▼▼▼

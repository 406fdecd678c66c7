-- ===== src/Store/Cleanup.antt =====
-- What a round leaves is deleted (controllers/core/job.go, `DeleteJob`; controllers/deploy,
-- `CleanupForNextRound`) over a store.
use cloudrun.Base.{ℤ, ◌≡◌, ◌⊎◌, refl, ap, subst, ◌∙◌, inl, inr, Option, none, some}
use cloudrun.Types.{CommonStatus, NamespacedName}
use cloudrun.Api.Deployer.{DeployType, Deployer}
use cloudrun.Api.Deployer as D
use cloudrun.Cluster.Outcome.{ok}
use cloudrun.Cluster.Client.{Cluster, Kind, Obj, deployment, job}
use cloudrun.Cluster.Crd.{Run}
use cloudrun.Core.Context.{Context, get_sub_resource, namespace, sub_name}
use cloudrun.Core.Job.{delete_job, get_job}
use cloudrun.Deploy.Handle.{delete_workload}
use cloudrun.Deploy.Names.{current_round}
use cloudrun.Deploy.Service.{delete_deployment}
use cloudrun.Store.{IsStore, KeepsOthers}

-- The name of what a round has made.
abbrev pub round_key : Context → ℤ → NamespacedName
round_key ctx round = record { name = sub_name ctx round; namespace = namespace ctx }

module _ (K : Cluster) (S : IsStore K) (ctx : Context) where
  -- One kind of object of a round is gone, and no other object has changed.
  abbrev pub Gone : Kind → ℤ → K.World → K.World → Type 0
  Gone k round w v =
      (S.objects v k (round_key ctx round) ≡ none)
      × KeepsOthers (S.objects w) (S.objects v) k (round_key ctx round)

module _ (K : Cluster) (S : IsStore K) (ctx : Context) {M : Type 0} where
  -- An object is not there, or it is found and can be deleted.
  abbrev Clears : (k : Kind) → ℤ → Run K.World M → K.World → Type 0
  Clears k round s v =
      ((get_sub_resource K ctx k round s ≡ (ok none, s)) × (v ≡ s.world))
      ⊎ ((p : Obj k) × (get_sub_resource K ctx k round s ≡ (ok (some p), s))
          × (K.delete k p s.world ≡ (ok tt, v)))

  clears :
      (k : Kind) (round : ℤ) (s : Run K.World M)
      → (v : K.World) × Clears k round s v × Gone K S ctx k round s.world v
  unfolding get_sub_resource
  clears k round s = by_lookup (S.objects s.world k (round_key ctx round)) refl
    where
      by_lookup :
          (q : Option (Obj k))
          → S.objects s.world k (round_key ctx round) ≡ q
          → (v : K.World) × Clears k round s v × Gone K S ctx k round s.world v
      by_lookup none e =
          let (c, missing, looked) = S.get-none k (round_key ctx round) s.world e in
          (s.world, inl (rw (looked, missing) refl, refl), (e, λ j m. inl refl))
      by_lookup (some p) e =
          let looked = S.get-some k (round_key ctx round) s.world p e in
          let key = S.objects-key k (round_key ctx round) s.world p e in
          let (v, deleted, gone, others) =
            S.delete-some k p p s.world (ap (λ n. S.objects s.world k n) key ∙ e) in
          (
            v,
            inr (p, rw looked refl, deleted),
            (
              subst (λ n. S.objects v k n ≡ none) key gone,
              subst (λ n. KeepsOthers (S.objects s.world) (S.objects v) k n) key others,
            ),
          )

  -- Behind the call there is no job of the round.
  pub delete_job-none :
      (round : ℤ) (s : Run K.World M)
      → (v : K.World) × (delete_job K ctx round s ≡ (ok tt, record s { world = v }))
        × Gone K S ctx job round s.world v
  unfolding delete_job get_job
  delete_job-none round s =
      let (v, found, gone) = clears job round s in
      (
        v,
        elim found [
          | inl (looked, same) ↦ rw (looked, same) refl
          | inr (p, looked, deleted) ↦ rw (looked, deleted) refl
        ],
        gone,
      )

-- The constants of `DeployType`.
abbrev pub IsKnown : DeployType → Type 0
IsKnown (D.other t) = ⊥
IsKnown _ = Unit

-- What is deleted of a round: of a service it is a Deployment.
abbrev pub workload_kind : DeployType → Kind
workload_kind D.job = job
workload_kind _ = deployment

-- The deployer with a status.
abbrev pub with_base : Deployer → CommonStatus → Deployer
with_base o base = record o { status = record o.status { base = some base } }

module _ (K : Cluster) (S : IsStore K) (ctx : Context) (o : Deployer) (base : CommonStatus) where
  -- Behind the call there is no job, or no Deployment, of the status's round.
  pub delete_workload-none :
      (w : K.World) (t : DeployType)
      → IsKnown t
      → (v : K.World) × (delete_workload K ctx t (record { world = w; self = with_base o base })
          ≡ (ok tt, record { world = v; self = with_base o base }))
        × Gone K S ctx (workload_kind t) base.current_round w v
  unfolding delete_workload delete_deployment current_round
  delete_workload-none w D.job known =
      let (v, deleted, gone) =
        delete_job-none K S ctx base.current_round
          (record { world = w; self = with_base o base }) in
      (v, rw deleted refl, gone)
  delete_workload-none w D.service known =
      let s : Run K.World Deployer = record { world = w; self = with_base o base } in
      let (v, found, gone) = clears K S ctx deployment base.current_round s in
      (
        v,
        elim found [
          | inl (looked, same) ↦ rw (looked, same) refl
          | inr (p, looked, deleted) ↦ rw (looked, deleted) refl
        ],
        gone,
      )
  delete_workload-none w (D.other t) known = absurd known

▲▲▲
▼▼▼

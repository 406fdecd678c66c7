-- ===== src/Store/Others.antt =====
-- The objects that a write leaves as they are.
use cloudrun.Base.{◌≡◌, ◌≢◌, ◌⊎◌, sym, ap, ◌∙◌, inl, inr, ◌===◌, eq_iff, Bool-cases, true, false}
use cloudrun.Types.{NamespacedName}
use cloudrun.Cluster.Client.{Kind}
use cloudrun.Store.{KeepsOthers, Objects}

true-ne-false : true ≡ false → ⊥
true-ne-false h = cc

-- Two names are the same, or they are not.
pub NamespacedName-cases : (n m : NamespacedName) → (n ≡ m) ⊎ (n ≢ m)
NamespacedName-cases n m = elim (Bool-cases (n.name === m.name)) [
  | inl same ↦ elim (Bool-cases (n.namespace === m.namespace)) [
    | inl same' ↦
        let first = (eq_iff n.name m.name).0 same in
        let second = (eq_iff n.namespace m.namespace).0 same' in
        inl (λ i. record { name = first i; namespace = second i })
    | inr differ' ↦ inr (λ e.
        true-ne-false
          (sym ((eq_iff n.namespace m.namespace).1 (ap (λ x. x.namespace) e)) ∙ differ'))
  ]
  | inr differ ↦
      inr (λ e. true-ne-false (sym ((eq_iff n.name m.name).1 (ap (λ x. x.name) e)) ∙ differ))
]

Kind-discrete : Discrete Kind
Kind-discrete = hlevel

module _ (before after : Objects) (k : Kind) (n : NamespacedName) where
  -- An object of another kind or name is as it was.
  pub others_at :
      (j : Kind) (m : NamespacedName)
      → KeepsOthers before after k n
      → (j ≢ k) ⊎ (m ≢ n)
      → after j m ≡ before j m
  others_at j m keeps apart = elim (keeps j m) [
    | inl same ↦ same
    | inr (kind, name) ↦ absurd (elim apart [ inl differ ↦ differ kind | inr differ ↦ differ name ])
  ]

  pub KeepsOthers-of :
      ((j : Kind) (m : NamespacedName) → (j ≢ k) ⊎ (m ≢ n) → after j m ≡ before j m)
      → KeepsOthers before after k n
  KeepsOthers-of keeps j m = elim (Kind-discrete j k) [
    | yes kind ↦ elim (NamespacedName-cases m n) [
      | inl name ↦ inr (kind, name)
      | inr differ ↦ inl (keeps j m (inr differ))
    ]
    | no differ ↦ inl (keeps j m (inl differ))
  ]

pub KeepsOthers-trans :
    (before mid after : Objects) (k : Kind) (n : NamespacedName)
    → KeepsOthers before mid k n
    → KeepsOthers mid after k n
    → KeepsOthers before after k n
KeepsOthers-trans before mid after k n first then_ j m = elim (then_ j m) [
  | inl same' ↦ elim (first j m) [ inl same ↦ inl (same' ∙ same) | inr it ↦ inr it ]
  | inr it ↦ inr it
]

▲▲▲
▼▼▼

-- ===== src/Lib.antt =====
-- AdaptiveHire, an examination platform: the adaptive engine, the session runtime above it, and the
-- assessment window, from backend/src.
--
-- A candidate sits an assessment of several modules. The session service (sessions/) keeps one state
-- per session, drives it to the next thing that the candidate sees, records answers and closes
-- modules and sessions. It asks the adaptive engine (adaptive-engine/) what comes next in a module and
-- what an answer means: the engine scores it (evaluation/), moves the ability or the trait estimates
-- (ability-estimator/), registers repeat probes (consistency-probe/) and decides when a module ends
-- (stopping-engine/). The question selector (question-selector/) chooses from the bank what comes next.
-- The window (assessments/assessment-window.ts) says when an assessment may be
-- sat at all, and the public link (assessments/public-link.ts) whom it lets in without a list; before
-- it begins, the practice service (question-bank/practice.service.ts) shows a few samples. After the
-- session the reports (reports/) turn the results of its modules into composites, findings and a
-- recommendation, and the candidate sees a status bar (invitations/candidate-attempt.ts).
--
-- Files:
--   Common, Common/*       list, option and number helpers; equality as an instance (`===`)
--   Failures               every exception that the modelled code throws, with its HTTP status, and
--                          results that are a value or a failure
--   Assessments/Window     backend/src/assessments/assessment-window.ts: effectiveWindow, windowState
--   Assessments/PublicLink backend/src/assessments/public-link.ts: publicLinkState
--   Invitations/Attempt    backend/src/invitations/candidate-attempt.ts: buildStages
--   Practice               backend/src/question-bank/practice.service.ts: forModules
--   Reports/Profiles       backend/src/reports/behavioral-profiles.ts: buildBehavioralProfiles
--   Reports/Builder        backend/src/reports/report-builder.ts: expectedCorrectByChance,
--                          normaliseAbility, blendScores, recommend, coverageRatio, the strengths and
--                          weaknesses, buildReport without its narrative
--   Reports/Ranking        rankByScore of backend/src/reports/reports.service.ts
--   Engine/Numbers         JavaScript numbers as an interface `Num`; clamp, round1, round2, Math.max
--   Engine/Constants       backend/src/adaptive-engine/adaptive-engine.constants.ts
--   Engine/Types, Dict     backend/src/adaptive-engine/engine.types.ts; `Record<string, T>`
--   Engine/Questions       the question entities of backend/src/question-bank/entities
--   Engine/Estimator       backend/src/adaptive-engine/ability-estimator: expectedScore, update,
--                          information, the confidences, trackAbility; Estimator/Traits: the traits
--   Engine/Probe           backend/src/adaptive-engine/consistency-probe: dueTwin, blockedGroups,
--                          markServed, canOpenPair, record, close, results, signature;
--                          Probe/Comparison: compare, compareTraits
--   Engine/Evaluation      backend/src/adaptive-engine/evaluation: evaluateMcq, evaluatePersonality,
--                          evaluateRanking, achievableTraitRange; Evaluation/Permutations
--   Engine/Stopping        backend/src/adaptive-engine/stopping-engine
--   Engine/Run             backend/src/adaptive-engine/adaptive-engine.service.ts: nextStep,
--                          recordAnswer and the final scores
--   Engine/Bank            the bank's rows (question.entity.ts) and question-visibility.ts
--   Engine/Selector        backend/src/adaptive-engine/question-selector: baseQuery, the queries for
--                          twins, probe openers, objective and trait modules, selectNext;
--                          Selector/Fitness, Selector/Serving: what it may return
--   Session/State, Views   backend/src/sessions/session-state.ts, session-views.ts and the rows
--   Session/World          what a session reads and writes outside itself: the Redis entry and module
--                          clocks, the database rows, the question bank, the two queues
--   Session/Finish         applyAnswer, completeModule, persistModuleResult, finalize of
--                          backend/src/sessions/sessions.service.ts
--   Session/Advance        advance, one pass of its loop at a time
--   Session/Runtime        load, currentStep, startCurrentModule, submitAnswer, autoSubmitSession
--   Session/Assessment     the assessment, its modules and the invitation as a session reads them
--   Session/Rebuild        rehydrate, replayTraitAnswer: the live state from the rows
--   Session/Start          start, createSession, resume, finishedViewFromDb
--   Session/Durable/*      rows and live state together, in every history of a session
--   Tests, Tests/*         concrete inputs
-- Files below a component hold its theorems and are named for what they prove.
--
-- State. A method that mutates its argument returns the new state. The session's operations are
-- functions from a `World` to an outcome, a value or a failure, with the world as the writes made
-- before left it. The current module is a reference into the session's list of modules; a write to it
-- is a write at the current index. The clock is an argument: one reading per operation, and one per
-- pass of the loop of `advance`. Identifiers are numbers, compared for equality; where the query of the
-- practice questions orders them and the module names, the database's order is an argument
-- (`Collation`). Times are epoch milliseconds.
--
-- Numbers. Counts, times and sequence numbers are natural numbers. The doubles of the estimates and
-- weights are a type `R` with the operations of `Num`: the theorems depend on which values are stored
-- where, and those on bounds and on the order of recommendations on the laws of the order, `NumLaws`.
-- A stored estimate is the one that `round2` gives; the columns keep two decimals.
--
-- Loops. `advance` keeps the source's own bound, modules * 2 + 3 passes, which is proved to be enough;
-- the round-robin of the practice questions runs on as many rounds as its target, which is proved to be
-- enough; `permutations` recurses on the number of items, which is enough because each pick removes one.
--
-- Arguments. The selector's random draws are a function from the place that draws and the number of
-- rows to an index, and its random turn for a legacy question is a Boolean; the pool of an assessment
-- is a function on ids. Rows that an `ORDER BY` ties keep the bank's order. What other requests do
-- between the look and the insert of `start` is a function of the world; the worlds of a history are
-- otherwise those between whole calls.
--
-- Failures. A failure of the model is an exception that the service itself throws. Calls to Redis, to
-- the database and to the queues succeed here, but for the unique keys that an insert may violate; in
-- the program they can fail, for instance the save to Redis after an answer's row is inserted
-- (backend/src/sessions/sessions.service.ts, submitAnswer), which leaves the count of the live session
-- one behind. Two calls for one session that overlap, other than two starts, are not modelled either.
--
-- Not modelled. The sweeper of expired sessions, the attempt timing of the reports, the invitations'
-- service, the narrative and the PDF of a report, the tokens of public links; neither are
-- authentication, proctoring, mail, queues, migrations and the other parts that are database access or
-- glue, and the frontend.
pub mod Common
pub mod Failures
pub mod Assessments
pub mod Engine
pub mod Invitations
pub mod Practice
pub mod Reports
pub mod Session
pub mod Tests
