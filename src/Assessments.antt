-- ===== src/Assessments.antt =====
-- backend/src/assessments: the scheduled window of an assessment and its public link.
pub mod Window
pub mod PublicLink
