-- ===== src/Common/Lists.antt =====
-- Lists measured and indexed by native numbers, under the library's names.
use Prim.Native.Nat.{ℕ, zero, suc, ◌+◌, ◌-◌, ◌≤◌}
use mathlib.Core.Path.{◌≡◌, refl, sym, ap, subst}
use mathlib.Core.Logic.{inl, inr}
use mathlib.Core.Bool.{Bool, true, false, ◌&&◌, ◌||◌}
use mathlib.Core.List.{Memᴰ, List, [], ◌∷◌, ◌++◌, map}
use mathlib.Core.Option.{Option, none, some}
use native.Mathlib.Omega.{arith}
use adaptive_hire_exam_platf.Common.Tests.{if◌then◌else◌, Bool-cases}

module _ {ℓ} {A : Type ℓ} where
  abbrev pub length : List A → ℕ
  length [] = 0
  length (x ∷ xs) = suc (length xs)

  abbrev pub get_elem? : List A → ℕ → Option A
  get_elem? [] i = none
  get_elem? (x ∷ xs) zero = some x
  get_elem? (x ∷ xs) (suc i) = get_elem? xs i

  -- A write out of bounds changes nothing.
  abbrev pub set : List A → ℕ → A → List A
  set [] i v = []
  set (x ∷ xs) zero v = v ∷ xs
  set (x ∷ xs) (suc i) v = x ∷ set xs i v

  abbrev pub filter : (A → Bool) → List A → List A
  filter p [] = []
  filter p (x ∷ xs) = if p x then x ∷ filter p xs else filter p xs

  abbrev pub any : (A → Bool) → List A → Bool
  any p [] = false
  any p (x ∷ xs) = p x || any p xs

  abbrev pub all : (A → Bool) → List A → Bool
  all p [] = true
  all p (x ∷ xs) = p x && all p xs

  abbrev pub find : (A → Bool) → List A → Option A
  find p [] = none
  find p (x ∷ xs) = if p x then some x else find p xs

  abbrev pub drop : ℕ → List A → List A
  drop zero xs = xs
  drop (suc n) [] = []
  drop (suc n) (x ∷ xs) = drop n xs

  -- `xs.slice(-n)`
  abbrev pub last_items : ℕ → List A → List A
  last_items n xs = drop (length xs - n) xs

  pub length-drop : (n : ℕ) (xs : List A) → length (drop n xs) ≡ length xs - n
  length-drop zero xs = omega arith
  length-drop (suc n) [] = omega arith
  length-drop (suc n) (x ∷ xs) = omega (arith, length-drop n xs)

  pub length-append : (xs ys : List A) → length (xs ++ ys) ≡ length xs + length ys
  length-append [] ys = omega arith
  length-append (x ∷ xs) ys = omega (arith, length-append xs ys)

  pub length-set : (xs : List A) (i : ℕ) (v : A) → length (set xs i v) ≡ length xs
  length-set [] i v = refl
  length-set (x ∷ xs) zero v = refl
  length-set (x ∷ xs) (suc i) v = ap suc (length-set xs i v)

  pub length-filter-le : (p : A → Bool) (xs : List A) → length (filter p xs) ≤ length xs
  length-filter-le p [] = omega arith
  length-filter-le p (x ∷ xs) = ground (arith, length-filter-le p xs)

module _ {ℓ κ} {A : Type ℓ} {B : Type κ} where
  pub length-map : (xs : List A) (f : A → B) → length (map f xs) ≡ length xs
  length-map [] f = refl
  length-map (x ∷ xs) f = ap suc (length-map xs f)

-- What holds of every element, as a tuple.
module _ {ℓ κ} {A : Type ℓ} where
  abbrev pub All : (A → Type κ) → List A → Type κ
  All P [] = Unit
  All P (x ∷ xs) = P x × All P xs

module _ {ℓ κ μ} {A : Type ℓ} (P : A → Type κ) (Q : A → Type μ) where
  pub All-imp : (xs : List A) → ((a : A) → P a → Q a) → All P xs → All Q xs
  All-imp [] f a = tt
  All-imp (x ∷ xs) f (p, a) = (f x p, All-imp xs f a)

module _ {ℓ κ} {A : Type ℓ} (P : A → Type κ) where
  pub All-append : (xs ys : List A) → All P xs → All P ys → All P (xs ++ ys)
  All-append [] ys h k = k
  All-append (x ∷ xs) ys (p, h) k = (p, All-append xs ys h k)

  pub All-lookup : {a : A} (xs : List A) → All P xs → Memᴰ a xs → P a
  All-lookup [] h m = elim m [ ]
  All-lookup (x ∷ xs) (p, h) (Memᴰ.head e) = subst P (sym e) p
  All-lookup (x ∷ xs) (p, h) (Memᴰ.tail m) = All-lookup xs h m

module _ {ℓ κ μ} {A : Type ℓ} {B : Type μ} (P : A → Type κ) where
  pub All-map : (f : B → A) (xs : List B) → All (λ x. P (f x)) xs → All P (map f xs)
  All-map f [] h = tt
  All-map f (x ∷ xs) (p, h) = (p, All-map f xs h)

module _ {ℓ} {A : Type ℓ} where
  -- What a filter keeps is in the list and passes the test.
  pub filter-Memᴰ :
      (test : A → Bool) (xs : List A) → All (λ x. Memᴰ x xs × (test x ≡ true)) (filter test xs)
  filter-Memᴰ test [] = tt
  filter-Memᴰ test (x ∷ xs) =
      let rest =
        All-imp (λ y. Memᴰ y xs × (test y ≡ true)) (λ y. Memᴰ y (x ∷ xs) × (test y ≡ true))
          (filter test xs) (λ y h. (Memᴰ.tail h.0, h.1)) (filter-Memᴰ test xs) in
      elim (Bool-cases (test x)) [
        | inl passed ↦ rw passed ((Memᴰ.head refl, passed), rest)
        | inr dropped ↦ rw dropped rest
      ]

▲▲▲

# Your objective:
Only one stretch of the data above is needed. Restate it word for word, from the line containing "drop (suc n) (x ∷ xs) = drop n xs" through the line containing "length-drop (suc n) [] = omega arith", both ends included.

# Response below:
  drop (suc n) (x ∷ xs) = drop n xs

  -- `xs.slice(-n)`
  abbrev pub last_items : ℕ → List A → List A
  last_items n xs = drop (length xs - n) xs

  pub length-drop : (n : ℕ) (xs : List A) → length (drop n xs) ≡ length xs - n
  length-drop zero xs = omega arith
  length-drop (suc n) [] = omega arith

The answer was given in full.